Across the listing below, how many lines have the word "Disk" in them? Provide only the number.

◆ **Excerpted data**
++++

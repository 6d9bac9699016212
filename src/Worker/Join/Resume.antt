-- ===== src/Worker/Join/Resume.antt =====
-- What internal/worker/join.go leaves in worker.json, and how an interrupted run is taken up.
use hambo.Base.{
  ℕ, String, true, false, List, ok, err, Error, ◌≡◌, ◌≢◌, ◌⊎◌, inl, inr, refl, sym, ap, subst,
  arith,
}
use hambo.Base.Text.{trim_space}
use hambo.Token
use hambo.Token.{parse}
use hambo.Client.Enrollment.{Crypto}
use hambo.Worker.State.{State, Disk, no_file, file, load_state}
use hambo.Worker.Join.{
  JoinConfig, JoinResult, Run, pending_state, is_empty, completed, enroll, resume, resume_parsed,
  configured, continue_with, loaded, join,
}
use hambo.Worker.Join.Outcome.{unchanged, begun, enrolled, was_complete, join-Outcome}

-- An enrollment that was begun: it has all that a request needs, and no credentials.
pub record IsPending (s : State) : Type 0 where
  pub no_node : s.node_id ≡ ""
  pub no_ca : s.ca_certificate ≡ ""
  pub no_certificate : s.certificate ≡ ""
  pub some_token : s.token ≢ ""
  pub some_key : s.private_key ≢ ""
  pub some_csr : is_empty s.csr ≡ false

-- An enrollment that was completed: it has all credentials, and the token is gone.
pub record IsComplete (s : State) : Type 0 where
  pub node : s.node_id ≢ ""
  pub ca : s.ca_certificate ≢ ""
  pub certificate : s.certificate ≢ ""
  pub key : s.private_key ≢ ""
  pub no_token : s.token ≡ ""

pub data IsSound : Disk → Type 0 where
  fresh : IsSound no_file
  pending : (s : State) → IsPending s → IsSound (file s)
  complete_file : (s : State) → IsComplete s → IsSound (file s)

module _ {X : Type 0} (crypto : Crypto X) where
  -- What a run that makes a key and a CSR makes: neither is empty.
  abbrev pub MakesKeys : Run X → Type 0
  MakesKeys run =
      (key : String) (csr : List ℕ)
      → run.key_and_csr ≡ ok (key, csr)
      → (key ≢ "") × (is_empty csr ≡ false)

  completed-IsComplete :
      (s : State) (ca : X) (node_id certificate : String)
      → node_id ≢ ""
      → certificate ≢ ""
      → crypto.pem ca ≢ ""
      → s.private_key ≢ ""
      → IsComplete (completed crypto ca (record { node_id = node_id; certificate = certificate }) s)
  unfolding completed
  completed-IsComplete s ca node_id certificate n c p k = record {
    node = n;
    ca = p;
    certificate = c;
    key = k;
    no_token = refl;
  }

  some_key : {s : State} → IsSound (file s) → s.private_key ≢ ""
  some_key (pending s p) = p.some_key
  some_key (complete_file s c) = c.key

  begun-IsPending :
      (run : Run X) (cfg : JoinConfig) (key : String) (csr : List ℕ)
      → MakesKeys run
      → run.key_and_csr ≡ ok (key, csr)
      → trim_space cfg.token ≢ ""
      → IsPending (pending_state cfg key csr)
  begun-IsPending run cfg key csr makes made some_token = record {
    no_node = refl;
    no_ca = refl;
    no_certificate = refl;
    some_token = λ e. some_token (unfold trim_space in ap trim_space e);
    some_key = (makes key csr made).0;
    some_csr = (makes key csr made).1;
  }

  -- A run of `Join` keeps the worker's state sound, where keys, CSRs and certificates in PEM are
  -- never empty: there is no file, or it holds a pending enrollment with all that a request needs
  -- and no credentials, or a completed one with all credentials and no token.
  pub join-IsSound :
      (run : Run X) (cfg : JoinConfig) (d : Disk)
      → MakesKeys run
      → ((ca : X) → crypto.pem ca ≢ "")
      → IsSound d
      → IsSound (join crypto run cfg d).1
  join-IsSound run cfg d makes prints sound = elim (join-Outcome crypto run cfg d) [
    | unchanged e is ↦ rw is sound
    | begun e key csr t fresh_d made some_token parsed is ↦ rw is (
        pending (pending_state cfg key csr) (begun-IsPending run cfg key csr makes made some_token))
    | enrolled s ca r n c same_url same_name before is ↦ rw is (
        complete_file (completed crypto ca r s) (
          completed-IsComplete s ca r.node_id r.certificate n c (prints ca) (elim before [
            | inl e ↦ some_key (subst IsSound e sound)
            | inr (key, csr, made, e) ↦ ground (arith, makes key csr made)
          ])))
    | was_complete s e n k c ca same_url same_name is ↦ rw is sound
  ]

  -- The next run for the same server and name finds the credentials.
  configured_again :
      (run : Run X) (cfg : JoinConfig) (s : State)
      → run.locks ≡ true
      → s.server_url ≡ cfg.server_url
      → s.name ≡ cfg.name
      → s.node_id ≢ ""
      → s.private_key ≢ ""
      → s.certificate ≢ ""
      → s.ca_certificate ≢ ""
      → join crypto run cfg (file s)
        ≡ (ok (record { node_id = s.node_id; already_configured = true }), file s)
  unfolding join loaded load_state continue_with configured
  configured_again run cfg s locks same_url same_name n k c ca = ground arith

  -- If a run of `Join` succeeds on a sound state, where keys, CSRs and certificates in PEM are
  -- never empty, then every later run that gets the lock, for the same server and name, reports the
  -- same node ID as already configured and changes nothing.
  pub join-again :
      (run again : Run X) (cfg cfg' : JoinConfig) (d d' : Disk) (r : JoinResult)
      → MakesKeys run
      → ((ca : X) → crypto.pem ca ≢ "")
      → IsSound d
      → join crypto run cfg d ≡ (ok r, d')
      → again.locks ≡ true
      → cfg'.server_url ≡ cfg.server_url
      → cfg'.name ≡ cfg.name
      → join crypto again cfg' d'
        ≡ (ok (record { node_id = r.node_id; already_configured = true }), d')
  unfolding completed
  join-again run again cfg cfg' d d' r makes prints sound h locks url name =
      elim (join-Outcome crypto run cfg d) [
        | unchanged e is ↦ absurd (ground arith)
        | begun e key csr t fresh_d made some_token parsed is ↦ absurd (ground arith)
        | enrolled s ca x n c same_url same_name before is ↦
            let key_is : s.private_key ≢ "" = elim before [
              | inl e ↦ some_key (subst IsSound e sound)
              | inr (key, csr, made, e) ↦ ground (arith, makes key csr made)
            ] in
            ground (
              arith,
              configured_again again cfg' (completed crypto ca x s) locks (ground arith)
                  (ground arith) n key_is c (prints ca),
            )
        | was_complete s e n k c ca same_url same_name is ↦
            ground
              (arith, configured_again again cfg' s locks (ground arith) (ground arith) n k c ca)
      ]

  -- A begun enrollment is taken up by the call of `enroll` that its first run would have made.
  pub resumed :
      (run : Run X) (cfg : JoinConfig) (s : State) (t : Token.Token)
      → run.locks ≡ true
      → IsPending s
      → s.server_url ≡ cfg.server_url
      → s.name ≡ cfg.name
      → (cfg.token ≡ "") ⊎ (cfg.token ≡ s.token)
      → parse crypto.decode s.token ≡ ok t
      → join crypto run cfg (file s) ≡ enroll crypto run s t (file s)
  unfolding join loaded load_state continue_with resume resume_parsed
  resumed run cfg s t locks p same_url same_name which parsed =
      ground (arith, p.no_node, p.no_ca, p.no_certificate, p.some_token, p.some_key, p.some_csr)

  -- If the first run of `Join` in a directory without a state fails, then either it left no state,
  -- or it parsed its token and made a key and a CSR, and any later run that gets the lock, for the
  -- same server and name and without a token or with the same one, makes the enrollment with the
  -- same token, key and CSR, if neither the key nor the CSR that was made is empty.
  pub join-resumes :
      (run again : Run X) (cfg cfg' : JoinConfig) (d' : Disk) (e : Error)
      → MakesKeys run
      → join crypto run cfg no_file ≡ (err e, d')
      → again.locks ≡ true
      → cfg'.server_url ≡ cfg.server_url
      → cfg'.name ≡ cfg.name
      → (cfg'.token ≡ "") ⊎ (cfg'.token ≡ cfg.token)
      → (d' ≡ no_file)
        ⊎ ((key : String) × (csr : List ℕ) × (t : Token.Token) × (run.key_and_csr ≡ ok (key, csr))
            × (parse crypto.decode cfg.token ≡ ok t)
            × (join crypto again cfg' d'
                ≡ enroll crypto again
                    (pending_state cfg key csr)
                    t
                    (file (pending_state cfg key csr))))
  join-resumes run again cfg cfg' d' e makes h locks url name which =
      elim (join-Outcome crypto run cfg no_file) [
        | unchanged e' is ↦ inl (ground arith)
        | enrolled s ca x n c same_url same_name before is ↦ absurd (ground arith)
        | was_complete s same n k c ca same_url same_name is ↦ absurd (ground arith)
        | begun e' key csr t fresh_d made some_token parsed is ↦ inr (
          key,
          csr,
          t,
          made,
          parsed,
          subst
              (λ x.
                join crypto again cfg' x
                ≡ enroll crypto again (pending_state cfg key csr) t
                    (file (pending_state cfg key csr)))
              (ground arith)
              (resumed again cfg' (pending_state cfg key csr) t locks
                (begun-IsPending run cfg key csr makes made some_token) (sym url) (sym name) which
                parsed),
        )
      ]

++++

◆ **Response area**
5